To Adak,
I must clarify the problem. When I mean consecutive numbers, I am not
saying the values are consecutive, but the positions of the numbers.
So in sequence of number {2, 4, 5, 7, 1, 23, 41, 12}, {5, 7, 1} is a
segment of consecutive numbers. But {2, 5, 7} is not because 4 is
missed between 2 and 5.
So what you said: "...Scan the numbers, putting all sequences with
consecutive numbers, in another array..." is not applicable here.

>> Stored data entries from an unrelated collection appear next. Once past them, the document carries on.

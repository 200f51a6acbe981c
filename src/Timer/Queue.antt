-- ===== src/Timer/Queue.antt =====
-- An interval queues no second tick before the first has been handled.
use rong.Base.{
  ℕ, ◌≤◌, ◌≡◌, ◌≢◌, ◌⊎◌, inl, inr, refl, ap, Bool, true, false, ◌&&◌, Option, none, some, List, [],
  ◌∷◌, arith, if◌then◌else◌, nat_eq, Bool-cases,
}
use rong.Base.Assoc.{get, remove}
use rong.Timer.{
  TimerTick, TimerEntry, sleep, Phase, absent, over, Running, TimerRegistry, new,
  set_timeout_with_repeat, sleep_async, cancel_timer, shutdown, wake, rest, notice, reap, abort,
  receive, receive_found, call_entry, return_from, close,
}
use rong.Timer.Step.{
  IsDue, IsSelecting, Step, set, nap, elapse, clear, handled, stopped, joined, dropped, received,
  returned, closed, ended, Steps, here, next,
}
use rong.Timer.Paced.{
  queued, in_callback, ticks, IsPaced, still-IsPaced, cancel_timer-IsStill, cancel_all-IsStill,
  lower-IsPaced, IsOwed, still-IsOwed,
}
use rong.Timer.Sending.{
  if-elim, begun-IsPaced, drop-IsPaced, wake_kind-IsPaced, notice_kind-IsPaced, spawn-IsPaced,
}

-- The tick at the head of the queue is gone, and its flag not yet lowered.
head-IsOwed :
    (tick : TimerTick) (rest : List TimerTick) (timers : List (ℕ × TimerEntry)) (s : TimerRegistry)
    → s.queue ≡ tick ∷ rest
    → IsPaced s
    → IsOwed tick.task (record s { queue = rest; timers = timers })
unfolding queued
head-IsOwed tick rest timers s q v = record {
  bound = λ j. omega (arith, ap (queued j) q, v.bound j);
  unmade = v.unmade;
}

call_entry-IsPaced :
    (tick : TimerTick) (rest : List TimerTick) (timers : List (ℕ × TimerEntry)) (repeat : Bool)
    (s : TimerRegistry) (o : Option ℕ)
    → s.queue ≡ tick ∷ rest
    → IsPaced s
    → IsPaced (call_entry tick repeat (record s { queue = rest; timers = timers }) o)
unfolding queued
call_entry-IsPaced tick rest timers repeat s none q v =
    lower-IsPaced tick.task _ (head-IsOwed tick rest timers s q v)
call_entry-IsPaced tick rest timers repeat s (some f) q v = record {
  bound = λ j. omega (arith, ap (queued j) q, v.bound j);
  unmade = v.unmade;
}

receive_found-IsPaced :
    (tick : TimerTick) (rest : List TimerTick) (s : TimerRegistry) (o : Option TimerEntry)
    → s.queue ≡ tick ∷ rest
    → IsPaced s
    → IsPaced (receive_found tick (record s { queue = rest }) o)
receive_found-IsPaced tick rest s none q v =
    lower-IsPaced tick.task _ (head-IsOwed tick rest s.timers s q v)
receive_found-IsPaced tick rest s (some entry) q v =
    if-elim (λ u. IsPaced (call_entry tick entry.repeat u entry.callback)) entry.repeat
      (record s { queue = rest }) (record s { queue = rest; timers = remove tick.id s.timers })
      (λ r. call_entry-IsPaced tick rest s.timers entry.repeat s entry.callback q v)
      λ r. call_entry-IsPaced tick rest (remove tick.id s.timers) entry.repeat s entry.callback q v

return_from-IsPaced :
    (r : Running) (failed : Bool) (s : TimerRegistry)
    → s.running ≡ some r
    → IsPaced s
    → IsPaced (return_from r failed s)
unfolding return_from
return_from-IsPaced r failed s e v =
    let s' : TimerRegistry = record s { running = none } in
    let owed : IsOwed r.tick.task s' = record {
      bound = λ j. omega (arith, ap (in_callback j) e, v.bound j);
      unmade = v.unmade;
    } in
    lower-IsPaced r.tick.task _ (
      if-elim (IsOwed r.tick.task) (failed && r.repeat) (cancel_timer r.tick.id s') s'
        (λ b. still-IsOwed r.tick.task s' _ (cancel_timer-IsStill r.tick.id s') owed) λ b. owed)

close-IsPaced : (s : TimerRegistry) → IsPaced s → IsPaced (close s)
unfolding close queued
close-IsPaced s v = record { bound = λ j. omega (arith, v.bound j); unmade = v.unmade }

shutdown-IsPaced : (s : TimerRegistry) → IsPaced s → IsPaced (shutdown s)
unfolding shutdown
shutdown-IsPaced s v =
    still-IsPaced (record s { timers = [] }) _
      (cancel_all-IsStill s.timers (record s { timers = [] }))
      (record { bound = v.bound; unmade = v.unmade })

due_begun : (p : Phase) → IsDue p → p ≢ absent
due_begun p (inl e) a = absurd (cc)
due_begun p (inr (ms, e)) a = absurd (cc)

selecting_begun : (p : Phase) (pending : Bool) → IsSelecting p pending → p ≢ absent
selecting_begun p pending (inl (ms, e)) a = absurd (cc)
selecting_begun p pending (inr (e, up)) a = absurd (cc)

if-IsPaced : (b : Bool) (s t : TimerRegistry) → IsPaced s → IsPaced t → IsPaced (if b then s else t)
if-IsPaced true s t v u = v
if-IsPaced false s t v u = u

reap-IsPaced :
    (k : ℕ) (queued : Bool) (s : TimerRegistry)
    → (s.tasks k).phase ≢ absent
    → IsPaced s
    → IsPaced (reap k queued s)
unfolding reap
reap-IsPaced k true s begun v = begun-IsPaced k over s begun v
reap-IsPaced k false s begun v = drop-IsPaced k (s.tasks k).id s begun v

Step-IsPaced : {s t : TimerRegistry} → Step s t → IsPaced s → IsPaced t
unfolding receive sleep_async set_timeout_with_repeat wake rest notice abort
Step-IsPaced (set s f delay repeat) v = spawn-IsPaced _ _ delay s v
Step-IsPaced (nap s delay) v = spawn-IsPaced sleep _ delay s v
Step-IsPaced (clear s id) v = still-IsPaced s _ (cancel_timer-IsStill id s) v
Step-IsPaced (elapse s k h) v =
    wake_kind-IsPaced (s.tasks k).kind k s (due_begun (s.tasks k).phase h) v
Step-IsPaced (handled s k h p) v = begun-IsPaced k _ s (λ a. absurd (cc)) v
Step-IsPaced (stopped s k c h) v =
    notice_kind-IsPaced (s.tasks k).kind k s
      (selecting_begun (s.tasks k).phase (s.tasks k).pending h) v
Step-IsPaced (joined s k queued h) v = reap-IsPaced k queued s (λ a. absurd (cc)) v
Step-IsPaced (dropped s k h) v = drop-IsPaced k (s.tasks k).id s h.0 v
Step-IsPaced (received s tick rest q h) v =
    receive_found-IsPaced tick rest s (get tick.id s.timers) q v
Step-IsPaced (returned s r failed h) v = return_from-IsPaced r failed s h v
Step-IsPaced (closed s h) v = close-IsPaced s v
Step-IsPaced (ended s) v = shutdown-IsPaced s v

Steps-IsPaced : {t : TimerRegistry} → Steps new t → IsPaced t
unfolding queued
Steps-IsPaced here = record { bound = λ k. omega arith; unmade = λ k h. (refl, refl) }
Steps-IsPaced (next steps step) = Step-IsPaced step (Steps-IsPaced steps)

-- However the tasks interleave, of one timer at most one tick waits in the queue or has its callback
-- running, and none does while its `pending` flag is down.
pub one_tick :
    (t : TimerRegistry) (k : ℕ)
    → Steps new t
    → (ticks k t ≤ 1) × (((t.tasks k).pending ≡ true) ⊎ (ticks k t ≡ 0))
one_tick t k steps =
    let v = Steps-IsPaced steps in
    elim (Bool-cases (t.tasks k).pending) [
      | inl p ↦ let one = rw p at (v.bound k) in (omega (arith, one), inl p)
      | inr p ↦
          let zero_left = rw p at (v.bound k) in
          (omega (arith, zero_left), inr (omega (arith, zero_left)))
    ]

As you curious about, this is a subproblem of a larger research
problem. In the research project, we want to discover regularly
occurring patterns. A such pattern contains K identical blocks. These
K blocks happen with a similar interval in the long signal sequence.
So far I do not have any good solution whose worst case is better than
O(L^2), L is the longest segment satisfying the user defined values. I
scan the sequence of numbers, and keep min and max values until I can
not go any further. This means that the number stops me (denoted as T)
must be smaller than min or bigger than max. Assuming it is bigger
than max and (T - min) is larger than d (user defined value, see
original question). We know that the current segment can not be
extended further (because of T) and we should start from the number
next to min. For any segment which can not be extended further, if its
length is greater than f (user defined value, see original question),
it is output.
Obviously, in worse case, the above solution works in O(L^2). Such an
example is: find all segments with f >= 5, d <= 4 from the sequence:
1,2,3,4,5,6,7,8,9
The above solution works as:
1. initial segment {1}, extend it to {1,2} with the min and max marked
for the newly extended segment. Until {1,2,3,4,5} with min=1, max=5.
2. This segment is stopped by 6 (since 6-1>4). Start from the number
next to min (which is 2). Scan through 6. New segment is {2,3,4,5,6}.
Extend it to 7 but failed.
3. Scan from 3 to 7. New segment {3,4,5,6,7}. Stopped extending it at
8.
4. Scan through 4 to 8 and so on.
I wonder whether there are any better solution to this?
regards
Sticker
On Sep 5, 12:38 am, adak <[EMAIL PROTECTED]> wrote:
> Well, now you've gone and given me Sicker shock! :)
>
> Dilly of a problem, I must say!!
>
> I can't offer you a possible solution, but I'm curious what algorithms
> you've tried for this problem, and what was the resulting
> performance?
>
> I was thinking, something like:
>
> Scan the numbers, putting all sequences with consecutive numbers, in
> another array. (or assigning pointers to the start and end of each).
> At the same time, you're also accumulating the various sub-totals
> you'll need for later calculations. 2 flags would denote which
> consecutive
> sequences met the requirements of being larger than d, etc.
>
> A file for the data and processing it in chunks that will fit into
> arrays on your system's memory, might be needed.
>
> I hope you'll let us know what you discover. Is this part of an
> assignment or programming problem competition?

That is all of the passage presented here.